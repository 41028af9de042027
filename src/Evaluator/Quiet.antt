-- ===== src/Evaluator/Quiet.antt =====
-- Lists of checks of which none fails, or none is unknown (packages/breakroom-core/src/breakroom/evaluator.py).
use breakroom.Base.{
  member, ◌≡◌, refl, sym, String, Bool, true, false, List, [], ◌∷◌, ◌++◌, map, any, arith,
}
use breakroom.Evaluator.Record.{Category, safety, Check, Trial, of_bool, item}
use breakroom.Evaluator.Checks.{
  soften, is_fail, is_unknown, registered_checks, safety_checks, closing_checks, raw_checks,
}

any-false-append {ℓ} :
    {A : Type ℓ} (p : A → Bool) (xs ys : List A)
    → any p (xs ++ ys) ≡ false
    → (any p xs ≡ false) × (any p ys ≡ false)
any-false-append p [] ys h = (refl, h)
any-false-append p (x ∷ xs) ys h = ground (arith, any-false-append p xs ys)

-- No check of the list passes the test.
pub record Quiet (p : Check → Bool) (checks : List Check) : Type 0 where
  pub none_of : any p checks ≡ false

-- Where no check of a chain passes the test, none of either part does.
pub Quiet-append :
    {p : Check → Bool} (xs ys : List Check) → Quiet p (xs ++ ys) → Quiet p xs × Quiet p ys
Quiet-append {p = p} xs ys q =
    let (a, b) = any-false-append p xs ys q.none_of in
    (record { none_of = a }, record { none_of = b })

pub Quiet-registered :
    {p : Check → Bool} (t : Trial) (name : String) (checks : List Check)
    → Quiet p (registered_checks t name checks)
    → member name t.case.assertions ≡ true
    → Quiet p checks
Quiet-registered t name checks q m = ground arith

pub of_bool-Quiet :
    (id : String) (c : Category) (b : Bool) (refs : List String)
    → Quiet is_fail (item id c (of_bool b) refs)
    → b ≡ true
of_bool-Quiet id c true refs q = refl
of_bool-Quiet id c false refs q = sym q.none_of

is_unknown-soften : (c : Check) → is_unknown (soften c) ≡ false → is_unknown c ≡ false
unfolding soften
is_unknown-soften c h = ground arith

pub any-soften :
    (cs : List Check) → any is_unknown (map soften cs) ≡ false → any is_unknown cs ≡ false
any-soften [] h = refl
any-soften (c ∷ cs) h = ground (arith, any-soften cs, is_unknown-soften c)

-- The checks of a trial, group by group.
module _ (t : Trial) (p : Check → Bool) where
  pub groups-Quiet : Quiet p (raw_checks t) → Quiet p (safety_checks t) × Quiet p (closing_checks t)
  unfolding raw_checks
  groups-Quiet q =
      let (a, last) = Quiet-append _ _ q in
      let (b, _) = Quiet-append _ _ a in
      let (c, _) = Quiet-append _ _ b in let (first, _) = Quiet-append _ _ c in (first, last)

-- A failed safety check stays failed after an interrupted execution.
abbrev pub hard_fail : Check → Bool
hard_fail c = elim c.category [ safety ↦ is_fail c | _ ↦ false ]

hard_fail-soften : (c : Check) → is_fail (soften c) ≡ false → hard_fail c ≡ false
unfolding soften
hard_fail-soften c h = ground arith

pub any_hard-soften :
    (cs : List Check) → any is_fail (map soften cs) ≡ false → any hard_fail cs ≡ false
any_hard-soften [] h = refl
any_hard-soften (c ∷ cs) h = ground (arith, any_hard-soften cs, hard_fail-soften c)

hard_fail-is_fail : (c : Check) → is_fail c ≡ false → hard_fail c ≡ false
hard_fail-is_fail c h = ground arith

pub any_hard-is_fail : (cs : List Check) → any is_fail cs ≡ false → any hard_fail cs ≡ false
any_hard-is_fail [] h = refl
any_hard-is_fail (c ∷ cs) h = ground (arith, any_hard-is_fail cs, hard_fail-is_fail c)

pub of_bool-hard :
    (id : String) (b : Bool) (refs : List String)
    → Quiet hard_fail (item id safety (of_bool b) refs)
    → b ≡ true
of_bool-hard id true refs q = refl
of_bool-hard id false refs q = sym q.none_of
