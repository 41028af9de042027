-- ===== src/Evaluator/Snapshot.antt =====
-- `Simulator.snapshot`: the state that a trial's report holds
-- (packages/breakroom-core/src/breakroom/simulator.py).
use breakroom.Base.{map, filter, order_by, ◌==◌}
use breakroom.Simulator.State.{Db}
use breakroom.Evaluator.Claims.{State}

-- `snapshot`, the tables that the evaluator reads.
unfoldable pub snapshot : Db → State
snapshot db = record {
  clock = db.clock;
  customers = order_by (λ c. c.id) db.customers;
  orders = order_by (λ o. o.id) db.orders;
  refunds = order_by (λ r. r.id) db.refunds;
  tickets =
      map
        (λ t. record {
          ticket = t;
          messages = order_by (λ n. n.id) (filter (λ n. n.ticket_id == t.id) db.notes);
        })
        (order_by (λ t. t.id) db.tickets);
  invocations = db.invocations;
  fault_counters = order_by (λ f. f.0) db.fault_counters;
}
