-- ===== src/Simulator/Fixture.antt =====
-- A small case for tests: a paid order of 500000 minor units, an authorized refund of 100000, and a
-- response that is lost after the first refund commits.
use breakroom.Base.{String, pos, true, false, none, some, [], ◌∷◌}
use breakroom.Simulator.Rows.{Value, succeeded}
use breakroom.Simulator.Calls.{Call, RefundArguments}
use breakroom.Simulator.State.{Case, Task, Behavior, Fault, Session, normal}

abbrev pub task : Task
task = record {
  request_id = "req_1";
  requester = record {
    customer_id = "cus_1";
    tenant_id = "tenant_1";
    contact_ref = "mira@example.invalid";
    display_name = "Mira Shah";
    authenticated = true;
  };
  customer_id = some "cus_1";
  order_id = some "ord_1";
  ticket_id = some "tic_1";
  amount_minor = 100000;
  currency = "INR";
  text = "Please refund part of my order.";
  policy = record {
    max_attempts = 3;
    refund_authorized = true;
    require_ticket = true;
    allow_escalation = false;
  };
}

abbrev pub behavior : Behavior
behavior = record {
  refund_initial_status = succeeded;
  terminal_status = none;
  transition_delay = 2;
  rate_limit_until = 0;
  hidden_until = 0;
  stale_until = 0;
  emit_events = false;
  event_delivery = normal;
  revoke_after_ticket_read = false;
  edit_after_ticket_read = false;
}

abbrev pub lost_response : Fault
lost_response = record {
  id = "lost_1";
  tool = "create_refund";
  invocation = 1;
  phase = "after_commit";
  action = "response_lost";
  expected = true;
  retry_after = 0;
}

abbrev pub fixture : Case
fixture = record {
  initial_state = record {
    customers =
        record {
          id = "cus_1";
          display_name = "Mira Shah";
          contact_ref = "mira@example.invalid";
          tenant_id = "tenant_1";
        }
        ∷ [];
    orders =
        record {
          id = "ord_1";
          customer_id = "cus_1";
          amount_minor = 500000;
          currency = "INR";
          status = "paid";
        }
        ∷ [];
    refunds = [];
    tickets =
        record {
          id = "tic_1";
          customer_id = "cus_1";
          order_id = "ord_1";
          version = 1;
          status = "open";
        }
        ∷ [];
    permissions =
        record { operation = "refund"; allowed = true }
        ∷ record { operation = "ticket_write"; allowed = true }
        ∷ [];
  };
  task = task;
  faults = lost_response ∷ [];
  liveness = record { deadline_seconds = 60; max_tool_calls = 20; max_refund_attempts = 2 };
  behavior = behavior;
  assertions = "no_duplicate_effects" ∷ "exact_amount" ∷ [];
  allowed_outcomes = "completed" ∷ [];
  required_capabilities = [];
  implemented = true;
}

abbrev pub session : Session
session = record { case = fixture; handler = none; context = none; at_barrier = false }

abbrev pub refund_arguments : String → RefundArguments
refund_arguments key = record {
  order_id = "ord_1";
  amount_minor = Value.int (pos 100000);
  currency = "INR";
  operation_key = Value.text key;
  logical_request_id = Value.text "req_1";
  customer_id = some "cus_1";
}

abbrev pub refund_call : String → Call
refund_call key = Call.create_refund (refund_arguments key)
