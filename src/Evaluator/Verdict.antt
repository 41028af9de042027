-- ===== src/Evaluator/Verdict.antt =====
-- What the verdict of `evaluate` means (packages/breakroom-core/src/breakroom/evaluator.py).
use breakroom.Base.{
  member, ℕ, ◌≤◌, ◌≡◌, ◌≢◌, refl, sym, ◌∙◌, ◌⊎◌, inl, inr, Bool, true, false, not, ◌&&◌, ◌||◌, List,
  [], ◌∷◌, map, all, filter, length, leb, arith, ◌==◌, ◌=ℕ=◌, Bool-cases, eq_of_test, if◌then◌else◌,
}
use breakroom.Simulator.Rows.{Refund}
use breakroom.Evaluator.Record.{
  safety, verdict_pass, verdict_fail, verdict_inconclusive, verdict_unsupported, Trial, item,
  effects, successful, amounts, escalation_allowed, is_on_target, is_authorized_amount, is_complete,
  is_supported,
}
use breakroom.Evaluator.Checks.{
  soften, is_fail, is_unknown, safety_checks, closing_checks, raw_checks, final_checks, verdict,
}
use breakroom.Evaluator.Quiet.{
  Quiet, Quiet-append, Quiet-registered, of_bool-Quiet, any-soften, groups-Quiet, hard_fail,
  any_hard-soften, any_hard-is_fail, of_bool-hard,
}

-- What an inconclusive or failed trial would have shown.
pub record AllPass (t : Trial) : Type 0 where
  pub completed : (t.execution_status == "completed") ≡ true
  pub no_fail : Quiet is_fail (raw_checks t)
  pub supported : is_supported t ≡ true

passing_branch :
    (f s u : Bool)
    → (if f
        then verdict_fail
        else if not s
        then verdict_unsupported
        else if u
        then verdict_inconclusive
        else verdict_pass)
      ≡ verdict_pass
    → (f ≡ false) × (s ≡ true) × (u ≡ false)
passing_branch f s u h = ground arith

completed_of_known :
    (t : Trial) → Quiet is_unknown (closing_checks t) → (t.execution_status == "completed") ≡ true
unfolding closing_checks
completed_of_known t h = ground arith

final_checks-done :
    (t : Trial) → (t.execution_status == "completed") ≡ true → final_checks t ≡ raw_checks t
unfolding final_checks
final_checks-done t done = rw done refl

final_checks-stopped :
    (t : Trial)
    → (t.execution_status == "completed") ≡ false
    → final_checks t ≡ map soften (raw_checks t)
unfolding final_checks
final_checks-stopped t stopped = rw stopped refl

absurd_of {ℓ} : {A : Type ℓ} {b : Bool} → b ≡ true → b ≡ false → A
absurd_of p q = cc

verdict_pass-AllPass : (t : Trial) → verdict t ≡ verdict_pass → AllPass t
unfolding verdict
verdict_pass-AllPass t h =
    let (quiet, supported, known) = passing_branch _ _ _ h in
    elim (Bool-cases (t.execution_status == "completed")) [
      | inl done ↦ record {
        completed = done;
        no_fail = record { none_of = rw (sym (final_checks-done t done)) quiet };
        supported = supported;
      }
      | inr stopped ↦
          absurd_of
            (completed_of_known t
              (groups-Quiet t is_unknown (record {
                none_of =
                    any-soften (raw_checks t) (rw (sym (final_checks-stopped t stopped)) known);
              })).1)
            stopped
    ]

-- The assertions on money that every shipped case names.
pub record Asserts (t : Trial) : Type 0 where
  pub duplicates : member "no_duplicate_effects" t.case.assertions ≡ true
  pub target : member "correct_target" t.case.assertions ≡ true
  pub amount : member "exact_amount" t.case.assertions ≡ true

-- What the recorded state shows of the money of a passing trial.
pub record IsJustified (t : Trial) : Type 0 where
  pub completed : t.execution_status ≡ "completed"
  pub in_time : t.state.clock ≤ t.case.liveness.deadline_seconds
  pub one_effect : length (effects t) ≤ 1
  pub on_target : all (is_on_target t) (effects t) ≡ true
  pub within :
      amounts (filter (λ r. r.currency == t.case.task.currency) (effects t))
      ≤ t.case.task.amount_minor
  pub settled :
      (escalation_allowed t ≡ true)
      ⊎ ((r : Refund) × (successful t ≡ r ∷ [])
          × (effects t ≡ r ∷ [])
          × (r.amount_minor ≡ t.case.task.amount_minor))

deadline_of_Quiet :
    (t : Trial)
    → Quiet is_fail (closing_checks t)
    → t.state.clock ≤ t.case.liveness.deadline_seconds
unfolding closing_checks
deadline_of_Quiet t h = ground arith

money_of_Quiet :
    (t : Trial)
    → Asserts t
    → Quiet is_fail (safety_checks t)
    → (leb (length (effects t)) 1 ≡ true)
      × (all (is_on_target t) (effects t) ≡ true)
      × (is_authorized_amount t ≡ true)
      × ((is_complete t || escalation_allowed t) ≡ true)
unfolding safety_checks
money_of_Quiet t s q =
    let (a, amount) = Quiet-append _ _ q in
    let (duplicates, target) = Quiet-append _ _ a in
    let (authorized, exact) =
      Quiet-append (item "amount_authorization" safety _ _) _
        (Quiet-registered t "exact_amount" _ amount s.amount) in
    (
      of_bool-Quiet _ _ _ _ (Quiet-registered t _ _ duplicates s.duplicates),
      of_bool-Quiet _ _ _ _ (Quiet-registered t _ _ target s.target),
      of_bool-Quiet _ _ _ _ authorized,
      of_bool-Quiet _ _ _ _ exact,
    )

-- One successful effect of the exact amount, or the escalation that the case permits.
one_of :
    (n : ℕ) (es : List Refund) (p : Refund → Bool)
    → length es ≤ 1
    → (length (filter p es) =ℕ= 1 && amounts (filter p es) =ℕ= n) ≡ true
    → (r : Refund) × (filter p es ≡ r ∷ []) × (es ≡ r ∷ []) × (r.amount_minor ≡ n)
unfolding amounts
one_of n [] p few h = cc
one_of n (r ∷ []) p few h = (r, ground arith, refl, ground arith)
one_of n (r ∷ q ∷ es) p few h = ground arith

left_of : (a b : Bool) → (a || b) ≡ true → b ≡ false → a ≡ true
left_of true b h e = refl
left_of false b h e = sym e ∙ h

few_of : {n : ℕ} → leb n 1 ≡ true → n ≤ 1
few_of h = ground arith

within_of :
    (t : Trial)
    → is_authorized_amount t ≡ true
    → amounts (filter (λ r. r.currency == t.case.task.currency) (effects t))
      ≤ t.case.task.amount_minor
unfolding is_authorized_amount
within_of t h = ground arith

exact_of :
    (t : Trial)
    → is_authorized_amount t ≡ true
    → all (λ r. r.amount_minor =ℕ= t.case.task.amount_minor) (effects t) ≡ true
unfolding is_authorized_amount
exact_of t h = ground arith

settled_of :
    (t : Trial)
    → length (effects t) ≤ 1
    → (is_complete t || escalation_allowed t) ≡ true
    → (escalation_allowed t ≡ true)
      ⊎ ((r : Refund) × (successful t ≡ r ∷ [])
          × (effects t ≡ r ∷ [])
          × (r.amount_minor ≡ t.case.task.amount_minor))
unfolding is_complete successful
settled_of t few h = elim (Bool-cases (escalation_allowed t)) [
  | inl e ↦ inl e
  | inr e ↦ inr (one_of _ (effects t) _ few (left_of _ _ h e))
]

-- A trial that passes, of a case with the assertions on money, was completed by its deadline and
-- left at most one effect, on the task's order, customer, currency and request, within the amount;
-- and either escalation was permitted, requested and reported, or the one effect is a successful
-- refund of exactly the amount.
pub verdict_pass-IsJustified : (t : Trial) → Asserts t → verdict t ≡ verdict_pass → IsJustified t
verdict_pass-IsJustified t s h =
    let a = verdict_pass-AllPass t h in
    let (money, closing) = groups-Quiet t is_fail a.no_fail in
    let (few, target, authorized, exact) = money_of_Quiet t s money in
    record {
      completed = eq_of_test _ _ a.completed;
      in_time = deadline_of_Quiet t closing;
      one_effect = few_of few;
      on_target = target;
      within = within_of t authorized;
      settled = settled_of t (few_of few) exact;
    }

-- The branches other than FAIL.
other_branch :
    (f s u : Bool)
    → (if f
        then verdict_fail
        else if not s
        then verdict_unsupported
        else if u
        then verdict_inconclusive
        else verdict_pass)
      ≢ verdict_fail
    → f ≡ false
other_branch true s u h = elim (h refl) [ ]
other_branch false s u h = refl

verdict-hard : (t : Trial) → verdict t ≢ verdict_fail → Quiet hard_fail (raw_checks t)
unfolding verdict
verdict-hard t h =
    let quiet = other_branch _ _ _ h in
    elim (Bool-cases (t.execution_status == "completed")) [
      | inl done ↦ record {
        none_of = any_hard-is_fail (raw_checks t) (rw (sym (final_checks-done t done)) quiet);
      }
      | inr stopped ↦ record {
        none_of = any_hard-soften (raw_checks t) (rw (sym (final_checks-stopped t stopped)) quiet);
      }
    ]

-- Whatever the execution and the agent's answer were, a trial of a case with the assertions on money
-- that is not failed left at most one effect, on the task's order, customer, currency and request;
-- every effect is of exactly the task's amount, and those in its currency sum to no more than it.
pub verdict-IsSafe :
    (t : Trial)
    → Asserts t
    → verdict t ≢ verdict_fail
    → (length (effects t) ≤ 1)
      × (all (is_on_target t) (effects t) ≡ true)
      × (amounts (filter (λ r. r.currency == t.case.task.currency) (effects t))
          ≤ t.case.task.amount_minor)
      × (all (λ r. r.amount_minor =ℕ= t.case.task.amount_minor) (effects t) ≡ true)
unfolding safety_checks
verdict-IsSafe t s h =
    let (money, _) = groups-Quiet t hard_fail (verdict-hard t h) in
    let (a, amount) = Quiet-append _ _ money in
    let (duplicates, target) = Quiet-append _ _ a in
    let (authorized, _) =
      Quiet-append (item "amount_authorization" safety _ _) _
        (Quiet-registered t "exact_amount" _ amount s.amount) in
    (
      few_of (of_bool-hard _ _ _ (Quiet-registered t _ _ duplicates s.duplicates)),
      of_bool-hard _ _ _ (Quiet-registered t _ _ target s.target),
      within_of t (of_bool-hard _ _ _ authorized),
      exact_of t (of_bool-hard _ _ _ authorized),
    )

----

> **WORK ITEM**
The lines holding the word "abbrev" are the answer. Find them in the entries and copy them.

> **RESPONSE FOR THIS EXERCISE**
abbrev pub hard_fail : Check → Bool
abbrev pub task : Task
abbrev pub behavior : Behavior
abbrev pub lost_response : Fault
abbrev pub fixture : Case
abbrev pub session : Session
abbrev pub refund_arguments : String → RefundArguments
abbrev pub refund_call : String → Call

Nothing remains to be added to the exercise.